In this paper, the glucose prediction algorithm was studied based on different clinical data. Fusing modal decomposition, modal filtering, and neural network prediction, a new continuous glucose prediction algorithm–GPCEMBP was proposed through theoretical derivation and experimental comparison. Among them, the neural network structure design and parameter optimization methods were also explained in detail. Compared with other algorithms, the GPCEMBP algorithm showed a better full mode decomposition and less additional noise residual in the mode in the mode decomposition algorithm part, a better effective mode filtering in the mode filtering algorithm part, and a more excellent nonlinear fitting with a more efficient convergence in the neural network algorithm part. The GPCEMBP algorithm has better prediction accuracy and robustness within 84 min. In the future, based on glucose data collected from different CGMs, the proposed algorithm will be integrated into the control system of an artificial pancreas controller to help it implement glucose regulation measures in advance and in time and stabilize the dynamic glucose fluctuations.

In addition, on the one hand, the research of the algorithm can be improved on the efficiency of dynamic parameter optimization, so as to improve the timeliness of the fusion.
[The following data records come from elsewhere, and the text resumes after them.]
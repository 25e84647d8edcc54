-- ===== src/MoneyManager/Risk.antt =====
-- moneymanager/pkg/risk/allocator.go and ev.go: the size of an order, its expected value, and the
-- limits. Of an error the gRPC code is kept and the message is not. The balance of the wallet, as
-- the `BalanceReader` gives it, is an argument.
pub mod Allocation
use calculated_tennis.Base.{
  ℕ, ◌+◌, ◌*◌, Bool, true, false, not, ◌&&◌, ◌||◌, Option, none, some, List, [], ◌∷◌, ltb,
  if◌then◌else◌, Result, ok, err, ◌>>=◌, ◌>>◌, reject_if, Text, codes, text_test, is_empty, ℤ, pos,
  negsuc, Float64,
}
use calculated_tennis.Base.Texts.{trim_space}
use calculated_tennis.MoneyManager.Decimals.{Decimal}

pub data Code : Type 0 where
  invalid_argument failed_precondition internal : Code

abbrev pub side_buy : Text
side_buy = codes "BUY"

abbrev pub side_sell : Text
side_sell = codes "SELL"

-- `MONEYMANAGER_MAX_ORDER_USDC`, `MONEYMANAGER_MAX_PCT_BALANCE`, `MONEYMANAGER_MIN_SHARE_SIZE`.
pub record Environment : Type 0 where
  pub max_order_usdc : Text
  pub max_pct_balance : Text
  pub min_share_size : Text

-- Which variable is wrong, and how.
pub data ConfigError : Type 0 where
  malformed out_of_range : Text → ConfigError

module _ (M : Decimal) where
  pub record Config : Type 0 where
    pub deposit_wallet : Text
    -- Zero is no absolute cap.
    pub max_order_usdc : M.D
    pub max_pct_balance : M.D
    pub min_share_size : M.D

  -- A variable that is set is parsed and checked; one that is not leaves the default.
  abbrev pub read_limit : Text → Text → M.D → (M.D → Bool) → Result ConfigError M.D
  read_limit name raw default bad =
      let v = trim_space raw in if is_empty v then ok default else checked (M.parse v)
    where
      checked : Option M.D → Result ConfigError M.D
      checked none = err (malformed name)
      checked (some d) = if bad d then err (out_of_range name) else ok d

  unfoldable pub config_from_env : Environment → Text → Result ConfigError Config
  config_from_env env wallet = do
    max_order ←
        read_limit (codes "MONEYMANAGER_MAX_ORDER_USDC") env.max_order_usdc (M.of_int 0)
          M.is_negative
    max_pct ←
        read_limit (codes "MONEYMANAGER_MAX_PCT_BALANCE") env.max_pct_balance M.five_percent
          (λ d. M.is_negative d || M.greater d (M.of_int 1))
    min_share ←
        read_limit (codes "MONEYMANAGER_MIN_SHARE_SIZE") env.min_share_size (M.of_int 5)
          (λ d. not (M.is_positive d))
    ok (record {
      deposit_wallet = wallet;
      max_order_usdc = max_order;
      max_pct_balance = max_pct;
      min_share_size = min_share;
    })

  -- The capital of one order.
  abbrev pub allocated : Config → M.D → M.D
  allocated cfg available =
      let share = M.mul available cfg.max_pct_balance in
      let capped =
        if M.is_positive cfg.max_order_usdc && M.greater share cfg.max_order_usdc
        then cfg.max_order_usdc
        else share in
      if M.greater capped available then available else capped

  -- What follows the reading of the balance.
  unfoldable pub size_of : Config → M.D → ℤ → Result Code M.D
  size_of cfg price raw =
      let available = M.of_micro raw in
      let capital = allocated cfg available in
      let size = M.truncate (M.div capital price) in
      if not (M.is_positive available)
      then err failed_precondition
      else if not (M.is_positive capital)
      then err failed_precondition
      else if M.less size cfg.min_share_size
      then err failed_precondition
      else ok size

  -- `balance` is the result of `USDCTotal`.
  unfoldable pub allocate : Config → Option ℤ → Text → M.D → Result Code M.D
  unfolding size_of
  allocate cfg balance side price =
      if not (text_test side side_buy)
      then err failed_precondition
      else if not (M.is_positive price)
      then err invalid_argument
      else read balance
    where
      read : Option ℤ → Result Code M.D
      read none = err internal
      read (some raw) = size_of cfg price raw

  module _ (N : Float64) (of_float : N.F → M.D) where
    -- `math.IsNaN(p)` is `p != p`.
    unfoldable pub validate_win_probability : N.F → Result Code (Unit {0})
    validate_win_probability p =
        if not (N.le p p) || N.le p N.zero || N.lt N.one p then err invalid_argument else ok tt

    unfoldable pub expected_value_buy_price : N.F → M.D → Result Code M.D
    expected_value_buy_price p price =
        if not (M.is_positive price)
        then err invalid_argument
        else ok (M.sub (M.div (of_float p) price) (M.of_int 1))

    abbrev pub require_positive : M.D → Result Code (Unit {0})
    require_positive ev = reject_if (not (M.is_positive ev)) failed_precondition

    unfoldable pub validate_positive_ev : N.F → Text → M.D → Result Code (Unit {0})
    unfolding validate_win_probability expected_value_buy_price
    validate_positive_ev p side price =
        let positive = expected_value_buy_price p price >>= require_positive in
        validate_win_probability p
        >> (if text_test side side_sell
            then err failed_precondition
            else if text_test side side_buy
            then positive
            else err invalid_argument)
On the other hand, the differences between the predictive data and the original data can be further quantified and analyzed to carry out research on the soft alarm of glucose control.

Data Availability

The data used to support the findings of this study are available from the corresponding author upon request.

Conflicts of Interest

The authors declare that they have no conflicts of interest.

Acknowledgments

This work has been partially funded by the National Natural Science Foundation of China (No. 61471233) and the Key Project of Basic Research of the Shanghai Municipal Science and Technology Commission, China (No. 13NM1401300).